Partially and Fully Frustrated Coupled Oscillators With Random Pinning Fields

TL;DR

This paper investigates two models of frustrated coupled oscillators with random pinning fields, analyzing their equilibrium properties and phase transitions using the replica method, supported by simulations.

Contribution

It introduces and compares two disordered oscillator models with different frustration types, providing explicit predictions for their phase behavior under random pinning fields.

Findings

Pinning fields break symmetry between models.

Models behave identically without pinning fields.

Simulation data support theoretical predictions.

Abstract

We have studied two specific models of frustrated and disordered coupled Kuramoto oscillators, all driven with the same natural frequency, in the presence of random external pinning fields.

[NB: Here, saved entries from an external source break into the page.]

-- ===== src/Text.antt =====
-- Go's strings: sequences of bytes, and the functions of the package `strings` that the program
-- calls (internal/kmp and internal/controllers). What depends on Go's Unicode case tables is the
-- parameter `Unicode`; on texts of ASCII bytes it is written out.
pub mod Order
pub mod Decimal
use Prim.Native.Char.{code}
use Prim.Native.String.{String}
use mathlib.Core.Bool.{true≢false}
use kmp_issuer.Base.{
  ℕ, zero, suc, ◌+◌, ◌≡◌, refl, sym, ◌∙◌, ◌≢◌, ◌↔◌, Bool, true, false, ◌&&◌, ◌||◌, List, [], ◌∷◌,
  ◌++◌, map, reverse, Option, none, some, arith, ltb, leb, ◌==◌, if◌then◌else◌, Bool-cases, inl,
  inr, length, is_nil, any, take,
}

abbrev pub Bytes : Type 0
Bytes = List ℕ

-- The code points of a literal, which are its bytes: the source's literals are ASCII.
abbrev pub codes : String → Bytes
codes String.[] = []
codes (String.◌∷◌ c s) = code c ∷ codes s

-- `s == t`, and `bytes.Equal`
unfoldable pub str_eq : Bytes → Bytes → Bool
str_eq [] [] = true
str_eq (x ∷ xs) (y ∷ ys) = x == y && str_eq xs ys
str_eq _ _ = false

-- `strings.HasPrefix`
unfoldable pub has_prefix : Bytes → Bytes → Bool
has_prefix s [] = true
has_prefix (x ∷ xs) (p ∷ ps) = x == p && has_prefix xs ps
has_prefix [] (p ∷ ps) = false

-- `strings.Contains`
unfoldable pub contains : Bytes → Bytes → Bool
unfolding has_prefix
contains [] sub = has_prefix [] sub
contains (x ∷ xs) sub = has_prefix (x ∷ xs) sub || contains xs sub

-- The UTF-8 encodings of the characters that `unicode.IsSpace` accepts.
abbrev spaces : List Bytes
spaces =
    (9 ∷ [])
    ∷ (10 ∷ [])
    ∷ (11 ∷ [])
    ∷ (12 ∷ [])
    ∷ (13 ∷ [])
    ∷ (32 ∷ [])
    ∷ (0xC2 ∷ 0x85 ∷ [])
    ∷ (0xC2 ∷ 0xA0 ∷ [])
    ∷ (0xE1 ∷ 0x9A ∷ 0x80 ∷ [])
    ∷ (0xE2 ∷ 0x80 ∷ 0x80 ∷ [])
    ∷ (0xE2 ∷ 0x80 ∷ 0x81 ∷ [])
    ∷ (0xE2 ∷ 0x80 ∷ 0x82 ∷ [])
    ∷ (0xE2 ∷ 0x80 ∷ 0x83 ∷ [])
    ∷ (0xE2 ∷ 0x80 ∷ 0x84 ∷ [])
    ∷ (0xE2 ∷ 0x80 ∷ 0x85 ∷ [])
    ∷ (0xE2 ∷ 0x80 ∷ 0x86 ∷ [])
    ∷ (0xE2 ∷ 0x80 ∷ 0x87 ∷ [])
    ∷ (0xE2 ∷ 0x80 ∷ 0x88 ∷ [])
    ∷ (0xE2 ∷ 0x80 ∷ 0x89 ∷ [])
    ∷ (0xE2 ∷ 0x80 ∷ 0x8A ∷ [])
    ∷ (0xE2 ∷ 0x80 ∷ 0xA8 ∷ [])
    ∷ (0xE2 ∷ 0x80 ∷ 0xA9 ∷ [])
    ∷ (0xE2 ∷ 0x80 ∷ 0xAF ∷ [])
    ∷ (0xE2 ∷ 0x81 ∷ 0x9F ∷ [])
    ∷ (0xE3 ∷ 0x80 ∷ 0x80 ∷ [])
    ∷ []

-- The rest of `s` behind the prefix `p`.
cut_prefix : Bytes → Bytes → Option Bytes
cut_prefix s [] = some s
cut_prefix (x ∷ xs) (p ∷ ps) = if x == p then cut_prefix xs ps else none
cut_prefix [] (p ∷ ps) = none

cut_any : List Bytes → Bytes → Option Bytes
unfolding cut_prefix
cut_any [] s = none
cut_any (p ∷ ps) s = elim (cut_prefix s p) [ some rest ↦ some rest | none ↦ cut_any ps s ]

-- Every round removes a byte at least, so the length of the text is fuel enough.
trim_from : ℕ → List Bytes → Bytes → Bytes
trim_from zero set s = s
trim_from (suc fuel) set s = elim (cut_any set s) [ none ↦ s | some rest ↦ trim_from fuel set rest ]

-- `strings.TrimSpace`
unfoldable pub trim_space : Bytes → Bytes
unfolding trim_from cut_any
trim_space s =
    let left = trim_from (length s) spaces s in
    reverse (trim_from (length left) (map reverse spaces) (reverse left))

-- What the program reads of Go's Unicode tables: the case functions on texts that are not ASCII,
-- and `strconv.Quote` (the verb `%q`), which asks them what is printable.
pub record Unicode : Type 0 where
  pub lower : Bytes → Bytes
  pub fold_eq : Bytes → Bytes → Bool
  pub quote : Bytes → Bytes

unfoldable pub is_ascii : Bytes → Bool
is_ascii [] = true
is_ascii (c ∷ s) = ltb c 128 && is_ascii s

unfoldable pub lower_byte : ℕ → ℕ
lower_byte c = if leb b'A' c && leb c b'Z' then c + 32 else c

-- `strings.ToLower`
unfoldable pub to_lower : Unicode → Bytes → Bytes
unfolding is_ascii lower_byte
to_lower u s = if is_ascii s then map lower_byte s else Unicode.lower u s

-- `strings.EqualFold`
unfoldable pub equal_fold : Unicode → Bytes → Bytes → Bool
unfolding is_ascii lower_byte str_eq
equal_fold u s t =
    if is_ascii s && is_ascii t
    then str_eq (map lower_byte s) (map lower_byte t)
    else Unicode.fold_eq u s t

-- `strings.Join`
unfoldable pub join : List Bytes → Bytes → Bytes
join [] sep = []
join (s ∷ []) sep = s
join (s ∷ rest) sep = s ++ (sep ++ join rest sep)

-- Whether a text is one of a list.
unfoldable pub member : Bytes → List Bytes → Bool
unfolding str_eq
member k [] = false
member k (j ∷ js) = str_eq k j || member k js

pub str_eq_iff : (s t : Bytes) → (str_eq s t ≡ true) ↔ (s ≡ t)
unfolding str_eq
str_eq_iff [] [] = (λ _. refl, λ _. refl)
str_eq_iff [] (y ∷ ys) = (λ e. cc, λ e. cc)
str_eq_iff (x ∷ xs) [] = (λ e. cc, λ e. cc)
str_eq_iff (x ∷ xs) (y ∷ ys) =
    let (to, from) = str_eq_iff xs ys in (λ e. ground (arith, to), λ e. ground (arith, from))

pub str_eq_refl : (s : Bytes) → str_eq s s ≡ true
str_eq_refl s = (str_eq_iff s s).1 refl

pub str_eq_comm : (s t : Bytes) → str_eq s t ≡ str_eq t s
str_eq_comm s t = elim (Bool-cases (str_eq s t)) [
  | inl same ↦ same ∙ sym ((str_eq_iff t s).1 (sym ((str_eq_iff s t).0 same)))
  | inr apart ↦ elim (Bool-cases (str_eq t s)) [
    | inl same ↦ (str_eq_iff s t).1 (sym ((str_eq_iff t s).0 same)) ∙ sym same
    | inr other ↦ apart ∙ sym other
  ]
]

pub str_eq-eq-false : (s t : Bytes) → str_eq s t ≡ false → s ≢ t
str_eq-eq-false s t h e = true≢false (sym ((str_eq_iff s t).1 e) ∙ h)
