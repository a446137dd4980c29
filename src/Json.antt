-- ===== src/Json.antt =====
-- Documents as `json.Unmarshal` leaves them in an `any` (the `doc` of a response in
-- internal/kmp/response.go). A Go map has no order of its own: an object lists its entries in the
-- order in which one run of `range` visits them, and its keys are distinct.
pub mod Order
pub mod Within
use kmp_issuer.Base.{Bool, ℤ}
use kmp_issuer.Text.{Bytes}

-- A float64: one that equals its conversion to int64, or else the text that
-- `strconv.FormatFloat(f, 'f', -1, 64)` gives for it.
pub data Number : Type 0 where
  whole : ℤ → Number
  fraction : Bytes → Number

mutual
  pub data Json : Type 0 where
    null : Json
    boolean : Bool → Json
    num : Number → Json
    str : Bytes → Json
    arr : Items → Json
    obj : Fields → Json

  pub data Items : Type 0 where
    nil : Items
    cons : Json → Items → Items

  pub data Fields : Type 0 where
    end : Fields
    field : Bytes → Json → Fields → Fields
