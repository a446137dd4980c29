-- ===== src/X509.antt =====
-- What internal/kmp reads of certificates and requests, and the functions of Go's `crypto/x509`,
-- `encoding/pem`, `encoding/base64`, `encoding/json` and `net` that it calls and that are not under
-- the repository: the fields of `Platform`, a parameter of the models.
use kmp_issuer.Base.{
  ℕ, ◌<◌, ◌≡◌, Bool, false, ◌&&◌, List, [], ◌∷◌, ◌++◌, Option, some, Result, length, ◌==◌,
  if◌then◌else◌,
}
use kmp_issuer.Text.{Bytes, Unicode, str_eq}
use kmp_issuer.Json.{Json}

-- A `crypto.PublicKey`: of a type with the method `Equal`, by its key material, or of another type.
pub data PublicKey : Type 0 where
  comparable : Bytes → PublicKey
  opaque : Bytes → PublicKey

-- `matcher.Equal(key)`, for a matcher with the given key material.
unfoldable pub key_equal : Bytes → PublicKey → Bool
key_equal k (comparable j) = str_eq k j
key_equal k (opaque j) = false

pub record Subject : Type 0 where
  pub common_name : Bytes
  pub organization : List Bytes
  pub organizational_unit : List Bytes

-- An `x509.Certificate`. IP addresses are their bytes (4 or 16), URIs their texts, times nanoseconds.
pub record Certificate : Type 0 where
  pub raw : Bytes
  pub raw_subject : Bytes
  pub raw_issuer : Bytes
  pub subject : Subject
  pub dns_names : List Bytes
  pub ip_addresses : List Bytes
  pub email_addresses : List Bytes
  pub uris : List Bytes
  pub not_before : ℕ
  pub not_after : ℕ
  pub public_key : PublicKey

-- An `x509.CertificateRequest`. Its key is nil where Go does not know the algorithm.
pub record CertificateRequest : Type 0 where
  pub subject : Subject
  pub dns_names : List Bytes
  pub ip_addresses : List Bytes
  pub email_addresses : List Bytes
  pub uris : List Bytes
  pub public_key : Option PublicKey

-- A `pem.Block`, with the entries of its headers.
pub record Block : Type 0 where
  pub block_type : Bytes
  pub headers : List (Bytes × Bytes)
  pub bytes : Bytes

-- Errors of these functions are their texts.
pub record Platform : Type 0 where
  pub unicode : Unicode
  pub unmarshal : Bytes → Result Bytes Json
  pub marshal : Json → Result Bytes Bytes
  pub pem_decode : Bytes → Option (Block × Bytes)
  pub pem_encode : Block → Bytes
  pub base64_decode : Bytes → Option Bytes
  pub parse_certificate : Bytes → Result Bytes Certificate
  pub parse_certificate_request : Bytes → Result Bytes CertificateRequest
  -- `csr.CheckSignature()`
  pub check_signature : CertificateRequest → Result Bytes (Unit {0})
  -- `child.CheckSignatureFrom(parent) == nil`
  pub signed_by : Certificate → Certificate → Bool
  -- `net.ParseIP`
  pub parse_ip : Bytes → Option Bytes
  -- `ip.String()`
  pub ip_string : Bytes → Bytes

-- `pem.Decode` returns what stands behind the block that it found.
abbrev pub DecodesShorter : Platform → Type 0
DecodesShorter p =
    (s : Bytes) (b : Block) (rest : Bytes)
    → Platform.pem_decode p s ≡ some (b, rest)
    → length rest < length s

v4_in_v6 : Bytes
v4_in_v6 = 0 ∷ 0 ∷ 0 ∷ 0 ∷ 0 ∷ 0 ∷ 0 ∷ 0 ∷ 0 ∷ 0 ∷ 0xFF ∷ 0xFF ∷ []

-- `net.IP.Equal`: an IPv4 address and its form in IPv6 are the same address.
unfoldable pub ip_equal : Bytes → Bytes → Bool
unfolding v4_in_v6
ip_equal a b =
    if length a == length b
    then str_eq a b
    else if length a == 4 && length b == 16
    then str_eq (v4_in_v6 ++ a) b
    else if length a == 16 && length b == 4
    then str_eq a (v4_in_v6 ++ b)
    else false
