-- ===== src/Text/Decimal.antt =====
-- `strconv.FormatInt(z, 10)`, `strconv.Itoa` and `strconv.ParseInt(s, 10, 64)`, as response.go,
-- client.go and create.go call them. Every error of `ParseInt` is `none`.
use kmp_issuer.Base.{
  ℕ, zero, suc, ◌+◌, ◌-◌, ◌*◌, ◌/◌, ◌%◌, ◌^◌, ◌≤◌, ◌<◌, ◌≡◌, refl, ◌||◌, [], ◌∷◌, Option, none,
  some, arith, ltb, ◌==◌, if◌then◌else◌, ℤ, pos, negsuc, inl, inr, Bool-cases,
}
use kmp_issuer.Text.{Bytes}

-- One digit for each round; `n` rounds are enough, since `n / 10` is below `n`.
digits_from : ℕ → ℕ → Bytes → Bytes
digits_from zero n out = (b'0' + n) ∷ out
digits_from (suc fuel) n out =
    let rest = digits_from fuel (n / 10) ((b'0' + n % 10) ∷ out) in
    if ltb n 10 then (b'0' + n) ∷ out else rest

unfoldable pub format_int : ℤ → Bytes
unfolding digits_from
format_int (pos n) = digits_from n n []
format_int (negsuc n) = b'-' ∷ digits_from (suc n) (suc n) []

scan_digits : Bytes → ℕ → Option ℕ
scan_digits [] n = some n
scan_digits (c ∷ s) n =
    if ltb c b'0' || ltb b'9' c then none else scan_digits s (n * 10 + (c - b'0'))

parse_digits : Bytes → Option ℕ
unfolding scan_digits
parse_digits [] = none
parse_digits (c ∷ s) = scan_digits (c ∷ s) 0

abbrev pub cutoff : ℕ
cutoff = 2 ^ 63

at_least_zero : Option ℕ → Option ℤ
at_least_zero none = none
at_least_zero (some n) = if ltb n cutoff then some (pos n) else none

below_zero : Option ℕ → Option ℤ
below_zero none = none
below_zero (some zero) = some (pos 0)
below_zero (some (suc n)) = if ltb n cutoff then some (negsuc n) else none

unfoldable pub parse_int : Bytes → Option ℤ
unfolding parse_digits at_least_zero below_zero
parse_int [] = none
parse_int (c ∷ s) =
    if c == b'-'
    then below_zero (parse_digits s)
    else if c == b'+'
    then at_least_zero (parse_digits s)
    else at_least_zero (parse_digits (c ∷ s))

-- The integers that an int64 holds.
abbrev pub InRange : ℤ → Type 0
InRange (pos n) = n < cutoff
InRange (negsuc n) = n < cutoff

scan_digits-digits_from :
    (fuel n : ℕ) (out : Bytes)
    → n ≤ fuel
    → scan_digits (digits_from fuel n out) 0 ≡ scan_digits out n
unfolding scan_digits digits_from
scan_digits-digits_from zero n out h = ground arith
scan_digits-digits_from (suc fuel) n out h =
    ground (arith, scan_digits-digits_from fuel (n / 10) ((b'0' + n % 10) ∷ out))

-- The first byte is a digit, so it is no sign.
abbrev BeginsWithDigit : Bytes → Type 0
BeginsWithDigit [] = ⊥
BeginsWithDigit (c ∷ s) = (b'0' ≤ c) × (c ≤ b'9')

digits_from-BeginsWithDigit :
    (fuel n : ℕ) (out : Bytes) → n ≤ fuel → BeginsWithDigit (digits_from fuel n out)
unfolding digits_from
digits_from-BeginsWithDigit zero n out h = omega arith
digits_from-BeginsWithDigit (suc fuel) n out h =
    ground (arith, digits_from-BeginsWithDigit fuel (n / 10) ((b'0' + n % 10) ∷ out))

-- On a text that begins with a digit both parsers are one scan.
parse_digits_of_digit : (s : Bytes) → BeginsWithDigit s → parse_digits s ≡ scan_digits s 0
unfolding parse_digits
parse_digits_of_digit [] h = elim h [ ]
parse_digits_of_digit (c ∷ s) h = refl

parse_int_of_digit : (s : Bytes) → BeginsWithDigit s → parse_int s ≡ at_least_zero (scan_digits s 0)
unfolding parse_int
parse_int_of_digit [] h = elim h [ ]
parse_int_of_digit (c ∷ s) h = ground arith

-- Reading a printed int64 gives it back.
parse_int-format_int : (z : ℤ) → InRange z → parse_int (format_int z) ≡ some z
unfolding format_int
parse_int-format_int (pos n) h =
    rw
      (
        parse_int_of_digit _ (digits_from-BeginsWithDigit n n [] (omega arith)),
        scan_digits-digits_from n n [] (omega arith),
      )
      (unfold scan_digits at_least_zero in ground arith)
parse_int-format_int (negsuc n) h =
    unfold parse_int in
    rw
      (
        parse_digits_of_digit _ (digits_from-BeginsWithDigit (suc n) (suc n) [] (omega arith)),
        scan_digits-digits_from (suc n) (suc n) [] (omega arith),
      )
      (unfold scan_digits below_zero in ground arith)

at_least_zero-InRange : (o : Option ℕ) (z : ℤ) → at_least_zero o ≡ some z → InRange z
unfolding at_least_zero
at_least_zero-InRange none z h = cc
at_least_zero-InRange (some n) (pos m) h = ground arith
at_least_zero-InRange (some n) (negsuc m) h = ground arith

below_zero-InRange : (o : Option ℕ) (z : ℤ) → below_zero o ≡ some z → InRange z
unfolding below_zero
below_zero-InRange none z h = cc
below_zero-InRange (some zero) (pos m) h = ground arith
below_zero-InRange (some (suc n)) (pos m) h = ground arith
below_zero-InRange (some zero) (negsuc m) h = ground arith
below_zero-InRange (some (suc n)) (negsuc m) h = ground arith

-- What is read fits an int64.
parse_int-InRange : (s : Bytes) (z : ℤ) → parse_int s ≡ some z → InRange z
unfolding parse_int
parse_int-InRange [] z h = cc
parse_int-InRange (c ∷ s) z h = elim (Bool-cases (c == b'-')) [
  | inl minus ↦ below_zero-InRange (parse_digits s) z (rw minus at h)
  | inr other ↦ elim (Bool-cases (c == b'+')) [
    | inl plus ↦ at_least_zero-InRange (parse_digits s) z (rw (other, plus) at h)
    | inr digit ↦ at_least_zero-InRange (parse_digits (c ∷ s)) z (rw (other, digit) at h)
  ]
]
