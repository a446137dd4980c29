-- ===== src/Errors.antt =====
-- internal/kmp/errors.go: the errors of the client and their classification, with the sentinel
-- `ErrInvalidConfig` of internal/kmp/signer.go. An error is a value whose chain of wrapped errors
-- is its structure, since `errors.Is` and `errors.As` walk along that chain.
use kmp_issuer.Base.{
  ℕ, Bool, true, false, not, ◌&&◌, ◌||◌, List, [], ◌∷◌, ◌++◌, Option, none, some, ltb, leb, ◌==◌,
  if◌then◌else◌, is_nil, any, pos,
}
use kmp_issuer.Text.{Bytes, codes, Unicode, to_lower, contains}
use kmp_issuer.Text.Decimal.{format_int}

-- The fields of `Error` but for `Err`.
pub record ApiError : Type 0 where
  pub op : Bytes
  pub status_code : ℕ
  pub api_status : Bytes
  pub message : Bytes
  pub body : Bytes
  pub permanent : Bool

pub data GoError : Type 0 where
  -- `errors.New`, and `fmt.Errorf` without `%w`
  plain : Bytes → GoError
  -- `ErrInvalidConfig` and `ErrUnusableResponse`
  invalid_config unusable_response : GoError
  -- `fmt.Errorf` with one `%w` between two texts
  wrap : Bytes → GoError → Bytes → GoError
  -- `errors.Join` of two errors
  join : GoError → GoError → GoError
  -- `*Error`, with nil `Err` and with another
  api : ApiError → GoError
  api_caused : ApiError → GoError → GoError

-- What `errors.As` finds: the first `*Error` of the chain, with its `Err`.
pub record Found : Type 0 where
  pub call : ApiError
  pub cause : Option GoError

abbrev first_of_two : Option Found → Option Found → Option Found
first_of_two (some f) g = some f
first_of_two none g = g

unfoldable pub as_api : GoError → Option Found
as_api (plain s) = none
as_api invalid_config = none
as_api unusable_response = none
as_api (wrap p e s) = as_api e
as_api (join e f) = first_of_two (as_api e) (as_api f)
as_api (api c) = some (record { call = c; cause = none })
as_api (api_caused c e) = some (record { call = c; cause = some e })

-- `errors.Is(err, ErrInvalidConfig)`
unfoldable pub is_invalid_config : GoError → Bool
is_invalid_config (plain s) = false
is_invalid_config invalid_config = true
is_invalid_config unusable_response = false
is_invalid_config (wrap p e s) = is_invalid_config e
is_invalid_config (join e f) = is_invalid_config e || is_invalid_config f
is_invalid_config (api c) = false
is_invalid_config (api_caused c e) = is_invalid_config e

-- `errors.Is(err, ErrUnusableResponse)`
unfoldable pub is_unusable_response : GoError → Bool
is_unusable_response (plain s) = false
is_unusable_response invalid_config = false
is_unusable_response unusable_response = true
is_unusable_response (wrap p e s) = is_unusable_response e
is_unusable_response (join e f) = is_unusable_response e || is_unusable_response f
is_unusable_response (api c) = false
is_unusable_response (api_caused c e) = is_unusable_response e

unfoldable pub is_permanent : GoError → Bool
unfolding is_invalid_config is_unusable_response as_api
is_permanent e =
    if is_invalid_config e || is_unusable_response e
    then true
    else elim (as_api e) [ some f ↦ f.call.permanent | none ↦ false ]

-- Statuses 408 and 429 are `http.StatusRequestTimeout` and `http.StatusTooManyRequests`.
unfoldable pub permanent_status : ℕ → Bool
permanent_status code = if code == 408 || code == 429 then false else leb 400 code && ltb code 500

abbrev pub auth_failure_hints : List Bytes
auth_failure_hints =
    codes "authtoken"
    ∷ codes "auth token"
    ∷ codes "authentication failed"
    ∷ codes "invalid token"
    ∷ codes "unauthorized"
    ∷ codes "not authorized"
    ∷ codes "invalid user"
    ∷ []

-- Statuses 401 and 403 are `http.StatusUnauthorized` and `http.StatusForbidden`.
unfoldable pub is_auth_failure : Unicode → GoError → Bool
unfolding as_api
is_auth_failure u e = elim (as_api e) [
  | none ↦ false
  | some f ↦
      if f.call.status_code == 401 || f.call.status_code == 403
      then true
      else any (contains (to_lower u (f.call.message ++ codes " " ++ f.call.body)))
          auth_failure_hints
]

-- The text of an `*Error`, from that of its `Err`.
unfoldable pub api_text : Unicode → ApiError → Option Bytes → Bytes
unfolding format_int
api_text u e cause =
    codes "key manager plus: "
    ++ e.op
    ++ (if e.status_code == 0 then [] else codes ": http " ++ format_int (pos e.status_code))
    ++ (if is_nil e.api_status then [] else codes ": status " ++ Unicode.quote u e.api_status)
    ++ (if is_nil e.message then [] else codes ": " ++ e.message)
    ++ elim cause [
      | some text ↦ codes ": " ++ text
      | none ↦ if is_nil e.message && not (is_nil e.body) then codes ": " ++ e.body else []
    ]

-- `err.Error()`
unfoldable pub error_text : Unicode → GoError → Bytes
unfolding api_text
error_text u (plain s) = s
error_text u invalid_config = codes "invalid signing configuration"
error_text u unusable_response = codes "unusable response from key manager plus"
error_text u (wrap p e s) = p ++ error_text u e ++ s
error_text u (join e f) = error_text u e ++ codes "\n" ++ error_text u f
error_text u (api c) = api_text u c none
error_text u (api_caused c e) = api_text u c (some (error_text u e))
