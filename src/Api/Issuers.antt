-- ===== src/Api/Issuers.antt =====
-- api/v1alpha1/kmpissuer_types.go and api/v1alpha1/kmpclusterissuer_types.go.
use kmp_issuer.Base.{Bool, Option, ℤ}
use kmp_issuer.Text.{Bytes, codes}

abbrev pub auth_secret_token_key : Bytes
auth_secret_token_key = codes "authtoken"

abbrev pub auth_secret_ca_bundle_key : Bytes
auth_secret_ca_bundle_key = codes "ca.crt"

-- An int32 is an integer in its range, a `SignType` its text.
pub record SigningSpec : Type 0 where
  pub sign_type : Bytes
  pub server_name : Bytes
  pub ca_name : Bytes
  pub template_name : Bytes
  pub agent_name : Bytes
  pub agent_response_timeout_seconds : Option ℤ
  pub root_certificate_common_name : Bytes
  pub root_certificate_serial_number : Bytes
  pub validity_days : Option ℤ
  pub is_intermediate : Option Bool
  pub email : Bytes
  pub csr_lookup_operation : Bytes

-- Durations are nanoseconds.
pub record IssuerSpec : Type 0 where
  pub url : Bytes
  pub auth_secret_name : Bytes
  pub signing : SigningSpec
  pub insecure_skip_tls_verify : Bool
  pub request_timeout : Option ℤ

-- A `KMPIssuer`, without its status, which the library that runs the issuers keeps.
pub record KmpIssuer : Type 0 where
  pub namespace : Bytes
  pub name : Bytes
  pub spec : IssuerSpec

-- A `KMPClusterIssuer`, which stands in no namespace.
pub record KmpClusterIssuer : Type 0 where
  pub name : Bytes
  pub spec : IssuerSpec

Our models are structurally similar, but differ in their degree of bond frustration and in their finite size ground state properties (one has random ferro- and anti-ferromagnetic interactions; the other has random chiral interactions). We have calculated the equilibrium properties of both models in the thermodynamic limit using the replica method, with emphasis on the role played by symmetries of the pinning field distribution, leading to explicit predictions for observables, transitions, and phase diagrams. For absent pinning fields our two models are found to behave identically, but pinning fields (provided with appropriate statistical properties) break this symmetry. Simulation data lend satisfactory support to our theoretical predictions.